■ WHAT NEEDS TO BE DONE ■
Read through the records below and copy each line that uses the word "asks".

Segment Start: DATASET EXCERPTS

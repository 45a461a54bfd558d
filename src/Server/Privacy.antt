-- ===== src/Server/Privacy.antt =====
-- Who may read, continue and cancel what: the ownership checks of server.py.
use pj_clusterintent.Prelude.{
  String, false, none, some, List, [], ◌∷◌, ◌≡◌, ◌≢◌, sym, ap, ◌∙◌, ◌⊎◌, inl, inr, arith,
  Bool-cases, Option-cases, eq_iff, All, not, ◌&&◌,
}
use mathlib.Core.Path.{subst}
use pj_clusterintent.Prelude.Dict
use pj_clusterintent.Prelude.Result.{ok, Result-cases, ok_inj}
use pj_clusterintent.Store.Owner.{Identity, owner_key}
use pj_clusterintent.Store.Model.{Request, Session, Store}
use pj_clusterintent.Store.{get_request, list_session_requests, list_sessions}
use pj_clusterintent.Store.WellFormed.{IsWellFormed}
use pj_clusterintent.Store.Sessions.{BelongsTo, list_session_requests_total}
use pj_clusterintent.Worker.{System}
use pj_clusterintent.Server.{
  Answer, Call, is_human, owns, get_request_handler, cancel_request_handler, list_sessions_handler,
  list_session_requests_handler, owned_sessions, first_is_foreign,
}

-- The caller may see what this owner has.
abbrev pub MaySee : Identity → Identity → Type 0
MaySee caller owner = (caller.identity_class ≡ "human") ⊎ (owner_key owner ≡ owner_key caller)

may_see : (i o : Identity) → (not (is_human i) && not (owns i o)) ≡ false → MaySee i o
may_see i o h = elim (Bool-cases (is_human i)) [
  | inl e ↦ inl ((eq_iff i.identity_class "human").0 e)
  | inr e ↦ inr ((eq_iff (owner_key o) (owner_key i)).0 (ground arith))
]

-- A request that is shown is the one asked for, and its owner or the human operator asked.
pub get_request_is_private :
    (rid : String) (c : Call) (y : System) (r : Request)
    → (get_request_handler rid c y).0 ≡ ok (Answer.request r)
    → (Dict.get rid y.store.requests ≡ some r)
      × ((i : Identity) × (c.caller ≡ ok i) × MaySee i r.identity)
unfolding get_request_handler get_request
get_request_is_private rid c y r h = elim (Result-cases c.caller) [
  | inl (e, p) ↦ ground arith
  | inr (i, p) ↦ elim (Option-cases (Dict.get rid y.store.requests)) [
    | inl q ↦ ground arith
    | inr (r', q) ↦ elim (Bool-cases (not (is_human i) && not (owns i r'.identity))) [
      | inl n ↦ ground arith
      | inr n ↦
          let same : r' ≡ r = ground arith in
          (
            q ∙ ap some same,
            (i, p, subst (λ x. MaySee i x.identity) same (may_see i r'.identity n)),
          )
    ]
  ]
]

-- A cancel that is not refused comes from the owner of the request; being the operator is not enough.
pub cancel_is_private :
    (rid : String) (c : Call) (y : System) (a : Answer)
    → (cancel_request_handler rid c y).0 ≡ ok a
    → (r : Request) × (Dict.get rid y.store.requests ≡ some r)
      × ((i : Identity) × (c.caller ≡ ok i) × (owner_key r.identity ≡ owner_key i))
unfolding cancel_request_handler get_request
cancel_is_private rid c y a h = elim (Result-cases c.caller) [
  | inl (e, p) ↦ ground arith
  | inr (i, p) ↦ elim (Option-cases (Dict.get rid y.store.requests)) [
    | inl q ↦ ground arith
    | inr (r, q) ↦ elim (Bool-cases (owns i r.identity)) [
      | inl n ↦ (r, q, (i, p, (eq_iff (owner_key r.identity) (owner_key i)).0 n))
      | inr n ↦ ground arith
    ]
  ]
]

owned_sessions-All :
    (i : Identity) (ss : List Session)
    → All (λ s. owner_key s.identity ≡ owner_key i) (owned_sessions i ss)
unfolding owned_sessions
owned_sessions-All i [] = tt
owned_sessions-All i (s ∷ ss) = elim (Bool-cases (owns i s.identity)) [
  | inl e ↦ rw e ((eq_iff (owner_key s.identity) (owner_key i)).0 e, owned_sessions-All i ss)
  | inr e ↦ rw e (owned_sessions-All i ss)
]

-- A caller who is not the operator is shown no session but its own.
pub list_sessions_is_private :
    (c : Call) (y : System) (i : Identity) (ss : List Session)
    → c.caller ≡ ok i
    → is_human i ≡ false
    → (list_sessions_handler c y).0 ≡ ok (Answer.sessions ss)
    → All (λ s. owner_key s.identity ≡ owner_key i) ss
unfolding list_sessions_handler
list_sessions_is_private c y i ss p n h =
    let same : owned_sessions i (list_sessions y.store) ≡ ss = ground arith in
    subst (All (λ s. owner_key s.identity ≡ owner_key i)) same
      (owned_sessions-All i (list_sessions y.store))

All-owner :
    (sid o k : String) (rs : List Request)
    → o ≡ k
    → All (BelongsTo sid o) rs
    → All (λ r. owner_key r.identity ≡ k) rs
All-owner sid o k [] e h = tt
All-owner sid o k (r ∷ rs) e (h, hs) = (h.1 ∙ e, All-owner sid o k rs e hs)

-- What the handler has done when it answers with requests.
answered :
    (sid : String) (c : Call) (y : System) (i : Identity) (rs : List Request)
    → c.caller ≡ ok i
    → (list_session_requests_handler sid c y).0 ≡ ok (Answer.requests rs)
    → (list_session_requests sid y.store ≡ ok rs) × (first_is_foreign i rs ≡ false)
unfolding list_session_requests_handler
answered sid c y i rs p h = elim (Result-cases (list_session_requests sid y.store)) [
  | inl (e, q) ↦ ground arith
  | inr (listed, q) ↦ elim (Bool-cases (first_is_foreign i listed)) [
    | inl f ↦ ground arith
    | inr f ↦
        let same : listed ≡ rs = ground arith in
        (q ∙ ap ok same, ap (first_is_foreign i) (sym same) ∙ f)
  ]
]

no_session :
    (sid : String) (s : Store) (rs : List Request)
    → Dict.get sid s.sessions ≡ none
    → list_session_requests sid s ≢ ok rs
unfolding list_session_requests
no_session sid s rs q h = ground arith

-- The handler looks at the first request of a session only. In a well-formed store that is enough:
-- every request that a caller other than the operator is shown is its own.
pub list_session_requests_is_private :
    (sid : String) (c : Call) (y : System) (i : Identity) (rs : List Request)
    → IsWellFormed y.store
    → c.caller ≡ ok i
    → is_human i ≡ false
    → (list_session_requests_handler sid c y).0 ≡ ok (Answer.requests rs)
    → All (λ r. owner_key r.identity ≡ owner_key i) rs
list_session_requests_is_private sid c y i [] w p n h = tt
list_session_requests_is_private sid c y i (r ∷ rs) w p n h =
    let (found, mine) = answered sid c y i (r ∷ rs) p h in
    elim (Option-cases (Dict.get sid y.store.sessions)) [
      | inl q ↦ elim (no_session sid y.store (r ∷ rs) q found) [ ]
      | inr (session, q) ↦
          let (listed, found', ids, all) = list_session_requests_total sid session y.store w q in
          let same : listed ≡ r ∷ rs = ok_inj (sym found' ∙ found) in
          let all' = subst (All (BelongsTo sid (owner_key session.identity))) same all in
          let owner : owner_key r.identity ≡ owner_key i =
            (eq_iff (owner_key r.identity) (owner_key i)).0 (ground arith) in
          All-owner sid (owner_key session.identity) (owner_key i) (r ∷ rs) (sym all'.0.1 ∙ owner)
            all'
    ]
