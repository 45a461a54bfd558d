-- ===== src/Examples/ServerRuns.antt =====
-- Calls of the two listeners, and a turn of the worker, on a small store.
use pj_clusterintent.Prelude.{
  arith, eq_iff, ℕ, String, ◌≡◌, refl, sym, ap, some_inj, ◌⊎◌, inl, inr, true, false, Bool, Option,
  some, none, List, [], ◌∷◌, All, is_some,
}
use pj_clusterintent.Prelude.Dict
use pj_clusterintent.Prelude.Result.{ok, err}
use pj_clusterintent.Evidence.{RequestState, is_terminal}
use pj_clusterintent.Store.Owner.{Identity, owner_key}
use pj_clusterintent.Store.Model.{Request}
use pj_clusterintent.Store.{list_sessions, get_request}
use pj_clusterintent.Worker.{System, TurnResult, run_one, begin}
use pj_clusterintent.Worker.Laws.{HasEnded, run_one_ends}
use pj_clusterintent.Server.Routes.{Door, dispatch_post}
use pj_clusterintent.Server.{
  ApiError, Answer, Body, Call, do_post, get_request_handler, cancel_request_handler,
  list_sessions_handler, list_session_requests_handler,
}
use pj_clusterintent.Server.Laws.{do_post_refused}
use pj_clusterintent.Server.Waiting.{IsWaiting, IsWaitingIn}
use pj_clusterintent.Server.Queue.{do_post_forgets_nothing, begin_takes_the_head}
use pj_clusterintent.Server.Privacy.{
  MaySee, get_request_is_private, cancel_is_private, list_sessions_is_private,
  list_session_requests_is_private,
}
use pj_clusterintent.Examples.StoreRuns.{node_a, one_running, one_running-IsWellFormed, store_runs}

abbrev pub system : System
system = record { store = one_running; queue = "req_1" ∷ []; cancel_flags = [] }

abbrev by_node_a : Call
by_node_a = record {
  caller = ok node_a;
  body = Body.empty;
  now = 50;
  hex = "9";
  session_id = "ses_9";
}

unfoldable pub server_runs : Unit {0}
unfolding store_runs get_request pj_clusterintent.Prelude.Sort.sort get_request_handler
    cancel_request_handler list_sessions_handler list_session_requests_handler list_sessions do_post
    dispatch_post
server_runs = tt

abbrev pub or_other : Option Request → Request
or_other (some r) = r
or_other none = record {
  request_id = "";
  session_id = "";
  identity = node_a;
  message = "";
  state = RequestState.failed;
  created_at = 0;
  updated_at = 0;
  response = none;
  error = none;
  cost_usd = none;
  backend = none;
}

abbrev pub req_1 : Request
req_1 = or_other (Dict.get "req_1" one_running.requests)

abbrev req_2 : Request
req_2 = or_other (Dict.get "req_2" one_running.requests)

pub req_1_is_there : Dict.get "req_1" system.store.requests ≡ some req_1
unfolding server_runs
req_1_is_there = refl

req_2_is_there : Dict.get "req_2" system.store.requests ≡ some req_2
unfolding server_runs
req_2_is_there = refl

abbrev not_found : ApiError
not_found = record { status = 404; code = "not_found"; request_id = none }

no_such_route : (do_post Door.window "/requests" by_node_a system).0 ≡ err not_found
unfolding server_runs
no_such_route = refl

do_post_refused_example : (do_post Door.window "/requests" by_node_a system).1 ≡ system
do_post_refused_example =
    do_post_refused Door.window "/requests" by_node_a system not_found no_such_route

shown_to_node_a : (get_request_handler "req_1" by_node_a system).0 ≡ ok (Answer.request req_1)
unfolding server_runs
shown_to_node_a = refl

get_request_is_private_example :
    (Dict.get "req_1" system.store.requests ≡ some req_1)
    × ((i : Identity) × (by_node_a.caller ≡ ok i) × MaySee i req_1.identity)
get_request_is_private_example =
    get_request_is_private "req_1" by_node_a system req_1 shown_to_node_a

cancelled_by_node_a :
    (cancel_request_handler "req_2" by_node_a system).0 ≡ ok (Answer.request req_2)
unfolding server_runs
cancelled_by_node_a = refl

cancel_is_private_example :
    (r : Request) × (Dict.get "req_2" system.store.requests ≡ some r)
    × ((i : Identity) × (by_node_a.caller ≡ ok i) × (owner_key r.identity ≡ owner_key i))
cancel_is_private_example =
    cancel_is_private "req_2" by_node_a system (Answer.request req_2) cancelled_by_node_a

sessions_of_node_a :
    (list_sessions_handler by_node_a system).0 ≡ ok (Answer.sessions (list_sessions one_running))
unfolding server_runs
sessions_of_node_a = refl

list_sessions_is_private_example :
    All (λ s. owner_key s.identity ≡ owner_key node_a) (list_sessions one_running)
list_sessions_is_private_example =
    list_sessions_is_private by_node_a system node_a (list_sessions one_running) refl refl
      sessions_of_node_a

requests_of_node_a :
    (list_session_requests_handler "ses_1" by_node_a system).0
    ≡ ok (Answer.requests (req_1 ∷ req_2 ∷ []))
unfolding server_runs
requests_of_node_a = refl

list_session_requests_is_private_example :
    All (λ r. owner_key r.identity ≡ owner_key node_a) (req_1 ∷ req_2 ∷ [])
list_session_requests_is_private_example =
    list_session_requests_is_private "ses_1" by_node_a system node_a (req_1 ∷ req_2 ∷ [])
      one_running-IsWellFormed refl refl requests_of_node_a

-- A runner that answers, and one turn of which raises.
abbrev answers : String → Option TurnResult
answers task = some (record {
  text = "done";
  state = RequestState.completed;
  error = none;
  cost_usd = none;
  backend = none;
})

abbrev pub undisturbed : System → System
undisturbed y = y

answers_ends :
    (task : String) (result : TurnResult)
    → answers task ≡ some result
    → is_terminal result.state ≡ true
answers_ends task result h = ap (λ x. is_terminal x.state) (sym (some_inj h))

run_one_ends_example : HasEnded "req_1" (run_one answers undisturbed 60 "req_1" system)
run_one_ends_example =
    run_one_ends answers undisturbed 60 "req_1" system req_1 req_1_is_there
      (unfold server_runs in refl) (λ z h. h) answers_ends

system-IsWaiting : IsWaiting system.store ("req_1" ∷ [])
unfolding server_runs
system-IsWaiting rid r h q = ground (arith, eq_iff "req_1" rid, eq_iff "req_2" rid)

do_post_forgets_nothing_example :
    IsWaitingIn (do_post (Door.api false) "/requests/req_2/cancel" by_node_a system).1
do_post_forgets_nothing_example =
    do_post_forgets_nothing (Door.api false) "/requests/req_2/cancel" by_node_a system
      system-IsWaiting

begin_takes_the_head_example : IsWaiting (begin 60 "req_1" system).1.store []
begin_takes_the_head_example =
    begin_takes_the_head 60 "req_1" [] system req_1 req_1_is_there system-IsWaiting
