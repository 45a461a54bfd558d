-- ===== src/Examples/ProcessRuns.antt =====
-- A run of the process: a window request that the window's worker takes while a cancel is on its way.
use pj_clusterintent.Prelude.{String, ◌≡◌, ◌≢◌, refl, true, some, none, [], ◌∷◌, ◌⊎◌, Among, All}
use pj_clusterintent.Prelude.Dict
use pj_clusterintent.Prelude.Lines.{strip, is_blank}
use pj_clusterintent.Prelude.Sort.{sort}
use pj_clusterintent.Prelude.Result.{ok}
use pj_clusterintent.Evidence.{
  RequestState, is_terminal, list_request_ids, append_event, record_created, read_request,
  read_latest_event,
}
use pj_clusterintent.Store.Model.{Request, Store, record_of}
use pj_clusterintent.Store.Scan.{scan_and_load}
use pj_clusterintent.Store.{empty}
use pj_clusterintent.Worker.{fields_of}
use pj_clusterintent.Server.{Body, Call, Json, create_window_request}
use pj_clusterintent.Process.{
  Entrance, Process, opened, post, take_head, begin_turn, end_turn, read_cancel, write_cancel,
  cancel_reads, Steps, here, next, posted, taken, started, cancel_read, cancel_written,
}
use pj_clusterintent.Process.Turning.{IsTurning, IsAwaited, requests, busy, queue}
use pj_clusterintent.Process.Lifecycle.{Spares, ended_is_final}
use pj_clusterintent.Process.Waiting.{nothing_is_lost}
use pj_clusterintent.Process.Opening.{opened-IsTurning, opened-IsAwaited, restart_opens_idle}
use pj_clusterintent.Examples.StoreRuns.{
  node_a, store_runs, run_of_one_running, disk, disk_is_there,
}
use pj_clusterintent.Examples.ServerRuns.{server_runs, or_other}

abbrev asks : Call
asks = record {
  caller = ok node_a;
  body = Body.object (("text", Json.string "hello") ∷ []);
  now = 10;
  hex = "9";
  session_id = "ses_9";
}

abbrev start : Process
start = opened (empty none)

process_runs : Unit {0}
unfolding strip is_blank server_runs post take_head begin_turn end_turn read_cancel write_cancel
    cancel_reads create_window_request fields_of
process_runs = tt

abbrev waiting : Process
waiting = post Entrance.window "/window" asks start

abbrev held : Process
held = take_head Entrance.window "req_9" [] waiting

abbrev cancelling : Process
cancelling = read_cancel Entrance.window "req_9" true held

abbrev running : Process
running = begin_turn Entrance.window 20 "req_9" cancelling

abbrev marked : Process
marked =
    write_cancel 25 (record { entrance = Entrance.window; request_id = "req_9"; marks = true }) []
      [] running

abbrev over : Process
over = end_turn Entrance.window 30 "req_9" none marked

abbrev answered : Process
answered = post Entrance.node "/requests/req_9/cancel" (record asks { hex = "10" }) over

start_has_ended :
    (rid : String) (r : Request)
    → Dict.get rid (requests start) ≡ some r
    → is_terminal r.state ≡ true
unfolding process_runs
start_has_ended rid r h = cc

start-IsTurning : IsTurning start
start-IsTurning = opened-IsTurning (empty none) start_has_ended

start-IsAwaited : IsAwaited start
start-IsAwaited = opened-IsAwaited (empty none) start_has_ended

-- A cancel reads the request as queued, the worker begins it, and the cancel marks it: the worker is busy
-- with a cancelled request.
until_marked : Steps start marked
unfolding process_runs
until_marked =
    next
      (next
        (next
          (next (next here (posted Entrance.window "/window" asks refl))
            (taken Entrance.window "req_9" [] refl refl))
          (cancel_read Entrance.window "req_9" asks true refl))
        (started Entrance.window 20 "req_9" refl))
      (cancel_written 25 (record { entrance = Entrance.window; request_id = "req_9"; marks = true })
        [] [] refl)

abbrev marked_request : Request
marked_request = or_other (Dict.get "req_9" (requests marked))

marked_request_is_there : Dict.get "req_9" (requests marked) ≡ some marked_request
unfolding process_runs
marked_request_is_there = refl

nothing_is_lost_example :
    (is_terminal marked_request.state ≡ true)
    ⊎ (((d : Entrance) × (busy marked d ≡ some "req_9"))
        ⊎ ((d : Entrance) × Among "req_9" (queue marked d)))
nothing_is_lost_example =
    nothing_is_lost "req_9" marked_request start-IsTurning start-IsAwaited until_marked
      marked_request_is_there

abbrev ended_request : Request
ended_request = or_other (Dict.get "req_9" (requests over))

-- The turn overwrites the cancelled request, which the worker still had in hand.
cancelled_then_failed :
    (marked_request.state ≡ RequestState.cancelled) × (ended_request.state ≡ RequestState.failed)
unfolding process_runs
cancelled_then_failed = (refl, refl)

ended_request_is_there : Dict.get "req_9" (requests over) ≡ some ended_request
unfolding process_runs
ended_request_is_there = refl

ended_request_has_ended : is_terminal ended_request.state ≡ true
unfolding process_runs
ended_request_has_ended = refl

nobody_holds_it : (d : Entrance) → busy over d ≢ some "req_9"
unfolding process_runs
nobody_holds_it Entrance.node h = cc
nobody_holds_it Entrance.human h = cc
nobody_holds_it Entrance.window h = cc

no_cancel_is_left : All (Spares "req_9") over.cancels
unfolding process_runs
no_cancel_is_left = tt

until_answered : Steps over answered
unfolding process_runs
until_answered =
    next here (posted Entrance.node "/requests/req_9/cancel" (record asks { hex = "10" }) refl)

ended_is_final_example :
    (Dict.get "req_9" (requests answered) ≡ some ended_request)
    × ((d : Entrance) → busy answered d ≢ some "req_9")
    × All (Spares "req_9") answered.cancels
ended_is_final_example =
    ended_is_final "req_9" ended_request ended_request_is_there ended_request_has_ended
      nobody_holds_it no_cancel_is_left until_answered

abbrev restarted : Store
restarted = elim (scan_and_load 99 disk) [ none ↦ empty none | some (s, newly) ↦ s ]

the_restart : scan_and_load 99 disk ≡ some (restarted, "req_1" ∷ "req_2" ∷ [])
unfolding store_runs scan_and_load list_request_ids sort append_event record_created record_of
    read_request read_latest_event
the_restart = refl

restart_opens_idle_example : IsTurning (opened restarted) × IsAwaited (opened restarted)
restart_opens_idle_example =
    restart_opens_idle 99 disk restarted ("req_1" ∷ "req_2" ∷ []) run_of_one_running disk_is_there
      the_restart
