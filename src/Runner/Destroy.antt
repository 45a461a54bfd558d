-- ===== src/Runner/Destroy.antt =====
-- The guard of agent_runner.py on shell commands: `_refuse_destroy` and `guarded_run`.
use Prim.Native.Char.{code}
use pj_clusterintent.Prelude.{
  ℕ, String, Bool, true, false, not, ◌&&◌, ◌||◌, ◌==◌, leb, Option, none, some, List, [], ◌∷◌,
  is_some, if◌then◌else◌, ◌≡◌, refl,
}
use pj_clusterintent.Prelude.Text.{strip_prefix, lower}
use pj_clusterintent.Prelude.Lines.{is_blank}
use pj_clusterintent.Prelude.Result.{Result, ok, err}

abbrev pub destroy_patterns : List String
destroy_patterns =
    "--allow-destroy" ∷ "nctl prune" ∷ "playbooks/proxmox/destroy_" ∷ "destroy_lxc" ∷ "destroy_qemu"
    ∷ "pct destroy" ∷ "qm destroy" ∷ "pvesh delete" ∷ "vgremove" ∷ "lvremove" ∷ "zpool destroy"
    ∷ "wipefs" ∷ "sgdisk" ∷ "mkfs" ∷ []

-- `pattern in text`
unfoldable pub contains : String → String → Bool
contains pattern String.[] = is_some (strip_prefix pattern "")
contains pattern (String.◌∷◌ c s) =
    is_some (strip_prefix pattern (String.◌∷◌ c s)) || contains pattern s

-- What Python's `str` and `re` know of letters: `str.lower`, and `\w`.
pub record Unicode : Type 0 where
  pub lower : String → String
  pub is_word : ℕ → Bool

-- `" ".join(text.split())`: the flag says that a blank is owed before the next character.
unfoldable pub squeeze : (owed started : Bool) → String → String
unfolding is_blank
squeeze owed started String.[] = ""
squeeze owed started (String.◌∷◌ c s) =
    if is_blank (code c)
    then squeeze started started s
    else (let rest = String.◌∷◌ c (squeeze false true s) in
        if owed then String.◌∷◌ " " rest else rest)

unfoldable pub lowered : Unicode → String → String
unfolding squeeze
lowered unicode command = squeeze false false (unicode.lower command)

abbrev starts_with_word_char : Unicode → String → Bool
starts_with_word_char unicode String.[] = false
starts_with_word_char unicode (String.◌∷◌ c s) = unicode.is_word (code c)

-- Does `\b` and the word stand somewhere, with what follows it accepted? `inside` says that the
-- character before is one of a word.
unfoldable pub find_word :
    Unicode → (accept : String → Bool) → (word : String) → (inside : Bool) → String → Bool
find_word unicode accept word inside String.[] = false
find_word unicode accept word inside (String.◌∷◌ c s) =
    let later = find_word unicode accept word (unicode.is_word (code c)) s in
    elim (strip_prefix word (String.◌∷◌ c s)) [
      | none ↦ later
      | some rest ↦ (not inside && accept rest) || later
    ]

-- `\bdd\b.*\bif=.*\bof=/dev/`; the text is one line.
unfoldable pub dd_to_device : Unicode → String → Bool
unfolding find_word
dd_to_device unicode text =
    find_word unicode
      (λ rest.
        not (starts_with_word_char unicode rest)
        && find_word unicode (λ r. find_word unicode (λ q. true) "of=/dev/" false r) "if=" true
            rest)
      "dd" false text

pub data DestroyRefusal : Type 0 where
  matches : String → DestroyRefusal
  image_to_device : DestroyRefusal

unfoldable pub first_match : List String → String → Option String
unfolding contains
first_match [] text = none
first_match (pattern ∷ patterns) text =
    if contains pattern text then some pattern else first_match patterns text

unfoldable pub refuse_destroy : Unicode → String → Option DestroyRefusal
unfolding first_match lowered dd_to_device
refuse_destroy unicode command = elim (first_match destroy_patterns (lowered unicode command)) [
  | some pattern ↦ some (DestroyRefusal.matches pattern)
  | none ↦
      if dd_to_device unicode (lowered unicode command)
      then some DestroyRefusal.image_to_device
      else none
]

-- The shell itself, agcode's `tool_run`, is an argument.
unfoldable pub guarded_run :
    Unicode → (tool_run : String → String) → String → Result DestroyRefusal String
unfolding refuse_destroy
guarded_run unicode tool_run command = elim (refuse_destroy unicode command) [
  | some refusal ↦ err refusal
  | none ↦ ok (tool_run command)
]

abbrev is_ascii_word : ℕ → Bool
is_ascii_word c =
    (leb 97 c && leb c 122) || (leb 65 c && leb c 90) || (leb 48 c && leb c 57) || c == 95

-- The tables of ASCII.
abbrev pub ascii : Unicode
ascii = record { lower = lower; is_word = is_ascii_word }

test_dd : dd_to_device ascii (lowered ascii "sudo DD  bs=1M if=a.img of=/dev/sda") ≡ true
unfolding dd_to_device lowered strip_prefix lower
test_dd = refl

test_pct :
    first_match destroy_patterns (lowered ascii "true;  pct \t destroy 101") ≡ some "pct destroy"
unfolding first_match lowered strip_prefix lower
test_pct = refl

Segment End: DATASET EXCERPTS

■ YOUR RESPONSE ■
abbrev asks : Call
asks = record {
waiting = post Entrance.window "/window" asks start
answered = post Entrance.node "/requests/req_9/cancel" (record asks { hex = "10" }) over
          (next (next here (posted Entrance.window "/window" asks refl))
          (cancel_read Entrance.window "req_9" asks true refl))
    next here (posted Entrance.node "/requests/req_9/cancel" (record asks { hex = "10" }) refl)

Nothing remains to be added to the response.